Processing: What to record?

Collisions in the LHC produce too much data to record. To tackle the torrent, the Grid focuses in on interesting physics in a 2-step selection process

The volume of data produced at the Large Hadron Collider (LHC) presents a considerable processing challenge.

Particles collide at high energies inside CERN's detectors, creating new particles that decay in complex ways as they move through layers of subdetectors. The subdetectors register each particle's passage and microprocessors convert the particles' paths and energies into electrical signals, combining the information to create a digital summary of the "collision event". The raw data per event is around one million bytes (1 Mb), produced at a rate of about 600 million events per second.

The data flow from all four experiments for Run 2 is anticipated to be about 25 GB/s (gigabyte per second)

  • ALICE: 4 GB/s (Pb-Pb running)
  • ATLAS: 800 MB/s – 1 GB/s
  • CMS: 600 MB/s
  • LHCb: 750 MB/s

The Worldwide LHC Computing Grid tackles this mountain of data in a two-stage process.
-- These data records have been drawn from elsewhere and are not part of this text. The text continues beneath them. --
-- ===== src/Policy/Lookup.antt =====
-- internal/policy/policy.go: the state that the model judges, and the lookup of one table.
--
-- The map of routes by table is a function; `known` says which tables are present.
use molebridge.Base.{
  ℕ, ◌+◌, ◌/◌, ◌%◌, ◌^◌, Bool, true, false, not, ◌&&◌, ◌||◌, Option, none, some, List, [], ◌∷◌,
  ◌++◌, ◌==◌, ltb, leb, same, is_some, any, keep, has_bits, Text-discrete, ℕ_discrete,
  if◌then◌else◌,
}
use molebridge.Rtnl.Addr.{Family, is_v4, Addr, ip4, ip6, Addr-discrete, covers, contains}
use molebridge.Rtnl.Rule.{Rule, table_local}
use molebridge.Rtnl.Route.{
  Route, rtn_unicast, rtn_unreachable, rtn_blackhole, rtn_prohibit, rtn_throw, rtnh_f_dead,
  rtnh_f_linkdown,
}
use molebridge.Contract.Spec.{Spec}
use molebridge.Policy.Packet.{Packet, Tri, never, always, perhaps, src_passes, is_lo}

pub record State : Type 0 where
  pub spec : Spec
  pub rules : Family → List Rule
  pub routes : Family → ℕ → List Route
  pub known : ℕ → Bool
  pub live : Family → List Addr
  pub locals : Family → List Addr
  pub exit_idx : ℕ
  pub host_idx : ℕ
  pub overlay_idx : ℕ

pub data OutKind : Type 0 where
  stopped local via_dev via_table : OutKind

pub record Outcome : Type 0 where
  pub kind : OutKind
  pub table : ℕ
  pub dev : ℕ
  pub by : ℕ
  pub cond : ℕ

unfoldable pub Outcome-discrete : Discrete Outcome
unfolding ℕ_discrete
Outcome-discrete = hlevel ℕ_discrete

abbrev pub unknown_dev : ℕ
unknown_dev = 0xffffffff

abbrev pub outcome : OutKind → ℕ → ℕ → Outcome
outcome k t d = record { kind = k; table = t; dev = d; by = 0; cond = 0 }

-- The outcome of a route, or `none` where the lookup falls through.
unfoldable pub disposition : Route → Option Outcome
disposition rt =
    if rt.kind == rtn_unreachable || (rt.kind == rtn_blackhole || rt.kind == rtn_prohibit)
    then some (outcome stopped 0 0)
    else if rt.kind == rtn_throw
    then none
    else elim rt.oif [
      | none ↦ some (outcome via_dev rt.table unknown_dev)
      | some i ↦
          if rt.kind == rtn_unicast
            && not (rt.multi_path || (is_some rt.nhid || (rt.via || rt.encap)))
          then some (outcome via_dev rt.table i)
          else some (outcome via_dev rt.table unknown_dev)
    ]

abbrev rtnh_f_unresolved : ℕ
rtnh_f_unresolved = 0x20

-- The input-interface selector of a route: `perhaps` where the model does not know the index.
unfoldable pub iif_applies : State → Option ℕ → Packet → Tri
unfolding Text-discrete is_lo
iif_applies s none p = always
iif_applies s (some i) p =
    if same Text-discrete p.iif s.spec.config.overlay_if && not (s.overlay_idx == 0)
    then (if i == s.overlay_idx then always else never)
    else if is_lo p.iif
    then (if i == 1 then always else never)
    else perhaps

unfoldable pub route_applies : State → Route → Packet → Tri
unfolding src_passes iif_applies
route_applies s rt p =
    if is_v4 rt.family && (not (rt.tos == 0) && not (rt.tos == p.tos))
    then never
    else if not (src_passes rt.src p.src)
    then never
    else elim (iif_applies s rt.iif p) [
      | never ↦ never
      | perhaps ↦ perhaps
      | always ↦
          if has_bits rt.flags (rtnh_f_dead + rtnh_f_linkdown + rtnh_f_unresolved)
          then perhaps
          else always
    ]

unfoldable pub is_loopback : Addr → Bool
is_loopback (ip4 n) = n / 2 ^ 24 == 127
is_loopback (ip6 n) = if n / 2 ^ 32 == 0xffff then n % 2 ^ 32 / 2 ^ 24 == 127 else n == 1

abbrev pub dst_bits : Route → ℕ
dst_bits rt = elim rt.dst [ none ↦ 0 | some q ↦ q.bits ]

abbrev pub dst_covers : Addr → Route → Bool
dst_covers a rt = elim rt.dst [ none ↦ false | some q ↦ contains q a ]

-- Longest prefix, then for IPv4 a route with a TOS, then the metric.
unfoldable pub route_less : Bool → Route → Route → Bool
route_less is4 a b =
    if not (dst_bits a == dst_bits b)
    then ltb (dst_bits b) (dst_bits a)
    else if is4 && (not (a.tos == 0) && b.tos == 0 || a.tos == 0 && not (b.tos == 0))
    then not (a.tos == 0)
    else ltb a.metric b.metric

-- The insertion sort of the source: a route moves before those that it is less than.
unfoldable pub insert_route : Bool → Route → List Route → List Route
unfolding route_less
insert_route is4 rt [] = rt ∷ []
insert_route is4 rt (x ∷ xs) =
    let rest = insert_route is4 rt xs in if route_less is4 rt x then rt ∷ x ∷ xs else x ∷ rest

unfoldable pub sort_routes : Bool → List Route → List Route → List Route
unfolding insert_route
sort_routes is4 done [] = done
sort_routes is4 done (rt ∷ rts) = sort_routes is4 (insert_route is4 rt done) rts

-- The outcomes of a lookup, and whether it can fall through.
abbrev pub Found : Type 0
Found = List Outcome × Bool

-- Whether a result with a prefix of this length is thrown away.
abbrev pub suppressed : Rule → ℕ → Bool
suppressed r b = elim r.suppress_prefix_len [ none ↦ false | some n ↦ leb b n ]

abbrev pub is_stopped : OutKind → Bool
is_stopped stopped = true
is_stopped _ = false

unfoldable pub add_result : Rule → Option Outcome → ℕ → Found → Found
add_result r none b found = (found.0, true)
add_result r (some o) b found =
    if is_stopped o.kind
    then (found.0 ++ o ∷ [], found.1)
    else if suppressed r b
    then (found.0, true)
    else (found.0 ++ o ∷ [], is_some r.suppress_if_group || found.1)

unfoldable pub follow : State → Rule → Packet → Found → List Route → Found
unfolding route_applies add_result disposition
follow s r p found [] = (found.0, true)
follow s r p found (rt ∷ rts) = elim (route_applies s rt p) [
  | never ↦ follow s r p found rts
  | perhaps ↦ follow s r p (add_result r (disposition rt) (dst_bits rt) found) rts
  | always ↦ add_result r (disposition rt) (dst_bits rt) found
]

unfoldable pub lookup : State → Rule → Packet → Found
unfolding follow sort_routes is_loopback Addr-discrete covers
lookup s r p =
    if r.table == table_local
    then (if any (λ a. same Addr-discrete a p.dst) (s.locals p.family) || is_loopback p.dst
        then (outcome local r.table 0 ∷ [], false)
        else ([], true))
    else if not (s.known r.table)
    then (outcome via_table r.table 0 ∷ [], true)
    else follow s r p ([], false)
        (sort_routes (is_v4 p.family) [] (keep (dst_covers p.dst) (s.routes p.family r.table)))
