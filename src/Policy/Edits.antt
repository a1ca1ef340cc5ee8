-- ===== src/Policy/Edits.antt =====
-- internal/policy/policy.go: the state that a snapshot gives, and the state after one change.
--
-- `clone` copies what an edit overwrites; values here are never shared, so it is the identity.
use molebridge.Base.{
  ℕ, Bool, true, false, not, ◌&&◌, ◌||◌, Option, none, some, List, [], ◌∷◌, map, ◌==◌, ltb, same,
  is_some, any, keep, if◌then◌else◌,
}
use molebridge.Rtnl.Addr.{Family, is_v4, Addr, Prefix, OptPrefix-discrete, OptAddr-discrete}
use molebridge.Rtnl.Rule.{Rule}
use molebridge.Rtnl.Delete.{OptNat-discrete, delete_matches}
use molebridge.Rtnl.Route.{Route, IfAddr, Link, Snapshot, link, global, routes_in_table}
use molebridge.Contract.Spec.{Spec, update, sort_rules}
use molebridge.Contract.Plan.{interest, index_of, no_items}
use molebridge.Policy.Lookup.{State}

-- `m[f][t] = v`
abbrev update_table : (Family → ℕ → List Route) → Family → ℕ → List Route → Family → ℕ → List Route
update_table m f t v = update m f (λ u. if u == t then v else m f u)

abbrev pub and_before {ℓ} : {A : Type ℓ} → A → Option (List A) → Option (List A)
and_before x none = none
and_before x (some ys) = some (x ∷ ys)

-- The list without the first element that passes the test, if one does.
unfoldable pub without_first {ℓ} : {A : Type ℓ} → (A → Bool) → List A → Option (List A)
without_first p [] = none
without_first p (x ∷ xs) =
    let rest = without_first p xs in if p x then some xs else and_before x rest

-- Before the first rule of a later priority.
unfoldable pub with_added : Rule → List Rule → List Rule
with_added r [] = r ∷ []
with_added r (x ∷ xs) =
    let rest = x ∷ with_added r xs in if ltb r.priority x.priority then r ∷ x ∷ xs else rest

unfoldable pub without_rule : Rule → State → State × Bool
unfolding without_first delete_matches
without_rule req s = elim (without_first (delete_matches req) (s.rules req.family)) [
  | none ↦ (s, false)
  | some rs ↦ (record s { rules = update s.rules req.family rs }, true)
]

unfoldable pub without_priority : Family → ℕ → State → State × Bool
unfolding without_first
without_priority f p s = elim (without_first (λ x. x.priority == p) (s.rules f)) [
  | none ↦ (s, false)
  | some rs ↦ (record s { rules = update s.rules f rs }, true)
]

unfoldable pub with_rule : Rule → State → State
unfolding with_added
with_rule r s = record s { rules = update s.rules r.family (with_added r (s.rules r.family)) }

-- What `NLM_F_REPLACE` takes for the same route.
unfoldable pub same_key : Route → Route → Bool
unfolding OptPrefix-discrete
same_key r x =
    same OptPrefix-discrete x.dst r.dst
    && (x.tos == r.tos
        && (x.metric == r.metric && (is_v4 r.family || same OptPrefix-discrete x.src r.src)))

unfoldable pub replaced : Route → List Route → List Route
unfolding same_key
replaced r [] = r ∷ []
replaced r (x ∷ xs) = let rest = x ∷ replaced r xs in if same_key r x then r ∷ xs else rest

unfoldable pub with_route : Route → State → State
unfolding replaced
with_route r s =
    if s.known r.table
    then record s {
      routes = update_table s.routes r.family r.table (replaced r (s.routes r.family r.table));
    }
    else s

-- A source prefix that is set and not of length zero.
abbrev selects : Option Prefix → Bool
selects none = false
selects (some p) = not (p.bits == 0)

-- Whether the request names the route: the `continue`s of the loop, negated.
unfoldable pub names_route : Route → Route → Bool
unfolding OptPrefix-discrete OptNat-discrete OptAddr-discrete
names_route r x =
    not (
      not (same OptPrefix-discrete x.dst r.dst)
      || (not (r.metric == 0) && not (x.metric == r.metric)))
    && (not (
          is_some r.oif && not (same OptNat-discrete x.oif r.oif)
          || is_some r.gateway && not (same OptAddr-discrete x.gateway r.gateway))
        && (if is_v4 r.family
            then not (
                not (r.tos == 0) && not (x.tos == r.tos)
                || (not (r.kind == 0) && not (x.kind == r.kind)
                    || (not (x.scope == r.scope)
                        || not (r.protocol == 0) && not (x.protocol == r.protocol))))
            else not (selects r.src && not (same OptPrefix-discrete x.src r.src))))

unfoldable pub without_route : Route → State → State × Bool
unfolding without_first names_route
without_route r s =
    if s.known r.table
    then elim (without_first (names_route r) (s.routes r.family r.table)) [
      | none ↦ (s, false)
      | some rts ↦ (record s { routes = update_table s.routes r.family r.table rts }, true)
    ]
    else (s, false)

abbrev locals_of : List IfAddr → List Addr
locals_of as' = map (λ a. a.local.addr) as'

-- The addresses of the interface, each time it has one.
unfoldable pub live_of : Option Link → List IfAddr → List Addr
unfolding global
live_of none as' = []
live_of (some l) as' = locals_of (keep (λ a. a.index == l.index && global a) as')

unfoldable pub from_snapshot : Spec → Snapshot → State
unfolding interest link routes_in_table sort_rules live_of
from_snapshot s snap =
    let known_table : ℕ → Bool = λ t. any (λ u. u == t) (interest s) in
    let exit_link = link snap s.config.exit_if in
    record {
      spec = s;
      rules = λ f. sort_rules (snap.rules f);
      routes = λ f t. if known_table t then routes_in_table snap f t else [];
      known = known_table;
      live = λ f. live_of exit_link (snap.addrs f);
      locals = λ f. locals_of (snap.addrs f);
      exit_idx = index_of exit_link;
      host_idx = if no_items s.config.host_if then 0 else index_of (link snap s.config.host_if);
      overlay_idx = index_of (link snap s.config.overlay_if);
    }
First, it runs dedicated algorithms written by physicists to reduce the number of events and select those considered interesting. Analysis can focus on the most important data - that which could bring new physics measurements or discoveries.
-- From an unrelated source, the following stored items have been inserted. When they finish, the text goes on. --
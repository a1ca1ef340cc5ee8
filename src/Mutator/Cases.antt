-- ===== src/Mutator/Cases.antt =====
-- internal/mutator/pass.go `reconcile`: the cases of a round, and that no repair claims the contract.
use molebridge.Base.{
  ℕ, Bool, true, false, not, ◌&&◌, ◌≡◌, refl, ◌∙◌, inl, inr, Option, none, some, List, [], ◌∷◌, leb,
  Bool-cases,
}
use molebridge.Rtnl.Addr.{Family, v4, v6}
use molebridge.Rtnl.Route.{Snapshot}
use molebridge.Contract.Spec.{Spec, update}
use molebridge.Contract.Diff.{touches_guards}
use molebridge.Contract.Plan.{Plan}
use molebridge.Mutator.Kernel.{Options}
use molebridge.Mutator.Owner.{Fault, kept_changing, PassResult, Owner, add_rule, del_rule}
use molebridge.Mutator.Apply.{guard_rule, apply}
use molebridge.Mutator.Pass.{
  max_rounds, Plans, all_clean, guards_held, fail, fail_all, counted, changed, plan_all,
  adopt_guard, verified_on, unverified_on, repair, repair_family, raise_guard, release_guard,
}
use molebridge.Mutator.Rounds.{Next, stop, look_again, release_guards, verified_result, round_step}

-- The rounds, split into their cases.
module _ {K : Type 0} (o : Options K) (round : ℕ) (snap : Snapshot) (res : PassResult)
    (t : Owner K) where
  abbrev pub adopted : Owner K
  adopted = record t { spec = adopt_guard snap v6 (adopt_guard snap v4 t.spec) }

  abbrev pub plans_on : Plans
  plans_on = plan_all o adopted.spec snap

  pub round_step-cases :
      (Q : Next K → Type 0)
      → Q (stop (unverified_on snap) (fail kept_changing res) adopted)
      → (snap.unstable ≡ true → Q (look_again o false (res, adopted)))
      → (all_clean plans_on ≡ true
          → snap.unstable ≡ false
          → guards_held adopted.spec ≡ false
          → Q (stop (verified_on snap) (verified_result o plans_on res) adopted))
      → (snap.unstable ≡ false
          → Q (look_again o (leb max_rounds round) (release_guards o res adopted)))
      → Q (stop (unverified_on snap) res adopted)
      → Q (look_again o false (repair o snap plans_on res adopted))
      → Q (round_step o round snap res t)
  unfolding round_step
  round_step-cases Q unsure look holds release late mend = elim (Bool-cases (all_clean plans_on)) [
    | inl e ↦ rw e (elim (Bool-cases snap.unstable) [
      | inl u ↦
          simp u (elim (Bool-cases (leb max_rounds round)) [
            | inl b ↦ rw b unsure
            | inr b ↦ rw b (look u)
          ])
      | inr u ↦ simp u (elim (Bool-cases (guards_held adopted.spec)) [
        | inl g ↦ simp g (release u)
        | inr g ↦ simp g (holds e u g)
      ])
    ])
    | inr e ↦
        rw e (elim (Bool-cases (leb max_rounds round)) [ inl b ↦ rw b late | inr b ↦ rw b mend ])
  ]

-- No request of a pass claims that the contract holds.
fail_all-holds :
    (es : List Fault) (res : PassResult) → (fail_all es res).contract_holds ≡ res.contract_holds
fail_all-holds [] res = refl
fail_all-holds (e ∷ es) res = fail_all-holds es (fail e res)

changed-holds :
    (c : Bool × Option Fault) (res : PassResult)
    → (changed c res).contract_holds ≡ res.contract_holds
changed-holds (b, none) res = refl
changed-holds (b, some e) res = refl

module _ {K : Type 0} (o : Options K) where
  release_guard-holds :
      (f : Family) (res : PassResult) (t : Owner K)
      → (release_guard o f res t).0.contract_holds ≡ res.contract_holds
  unfolding release_guard
  release_guard-holds f res t = elim (Bool-cases (t.spec.temp_guard f)) [
    | inl e ↦
        let spec' : Spec = record t.spec { temp_guard = update t.spec.temp_guard f false } in
        let change = (del_rule o (guard_rule t.spec f) (record t { spec = spec' })).0 in
        rw e (changed-holds change res)
    | inr e ↦ rw e refl
  ]

  pub release_guards-holds :
      (res : PassResult) (t : Owner K)
      → (release_guards o res t).0.contract_holds ≡ res.contract_holds
  unfolding release_guards
  release_guards-holds res t =
      let (res', t') = release_guard o v4 res t in
      release_guard-holds v6 res' t' ∙ release_guard-holds v4 res t

  raise_guard-holds :
      (f : Family) (snap : Snapshot) (p : Plan) (res : PassResult) (t : Owner K)
      → (raise_guard o f snap p res t).0.2.contract_holds ≡ res.contract_holds
  unfolding raise_guard
  raise_guard-holds f snap p res t =
      elim (Bool-cases (o.guard_repairs && (touches_guards p.rules && not (t.spec.temp_guard f)))) [
        | inl e ↦
            let spec' : Spec = record t.spec { temp_guard = update t.spec.temp_guard f true } in
            let change = (add_rule o (guard_rule spec' f) (record t { spec = spec' })).0 in
            rw e (changed-holds change res)
        | inr e ↦ rw e refl
      ]

  repair_family-holds :
      (snap : Snapshot) (p : Plan) (res : PassResult) (t : Owner K)
      → (repair_family o snap p res t).0.contract_holds ≡ res.contract_holds
  unfolding repair_family
  repair_family-holds snap p res t =
      let (run, t') = apply o p (not snap.unstable) t in
      fail_all-holds run.errs (counted run.mutations res)

  pub repair-holds :
      (snap : Snapshot) (ps : Plans) (res : PassResult) (t : Owner K)
      → (repair o snap ps res t).0.contract_holds ≡ res.contract_holds
  unfolding repair
  repair-holds snap ps res t =
      let ((snap4, p4, res4), t4) = raise_guard o v4 snap (ps v4) res t in
      let ((snap6, p6, res6), t6) = raise_guard o v6 snap4 (ps v6) res4 t4 in
      let (res', t') = repair_family o snap6 p4 res6 t6 in
      repair_family-holds snap6 p6 res' t'
      ∙ (repair_family-holds snap6 p4 res6 t6
          ∙ (raise_guard-holds v6 snap4 (ps v6) res4 t4 ∙ raise_guard-holds v4 snap (ps v4) res t))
(Video: CERN IT department)

In the first stage of the selection, the number of events is filtered from the 600 million or so per second picked up by detectors to 100,000 per second sent for digital reconstruction. In a second stage, more specialized algorithms further process the data, leaving only 100 or 200 events of interest per second. This raw data is recorded onto servers at the CERN Data Centre at a rate around 1.5 CDs per second (approximately 1050 megabytes per second). Physicists belonging to worldwide collaborations work continuously to improve detector-calibration methods, and to refine processing algorithms to detect ever more interesting events.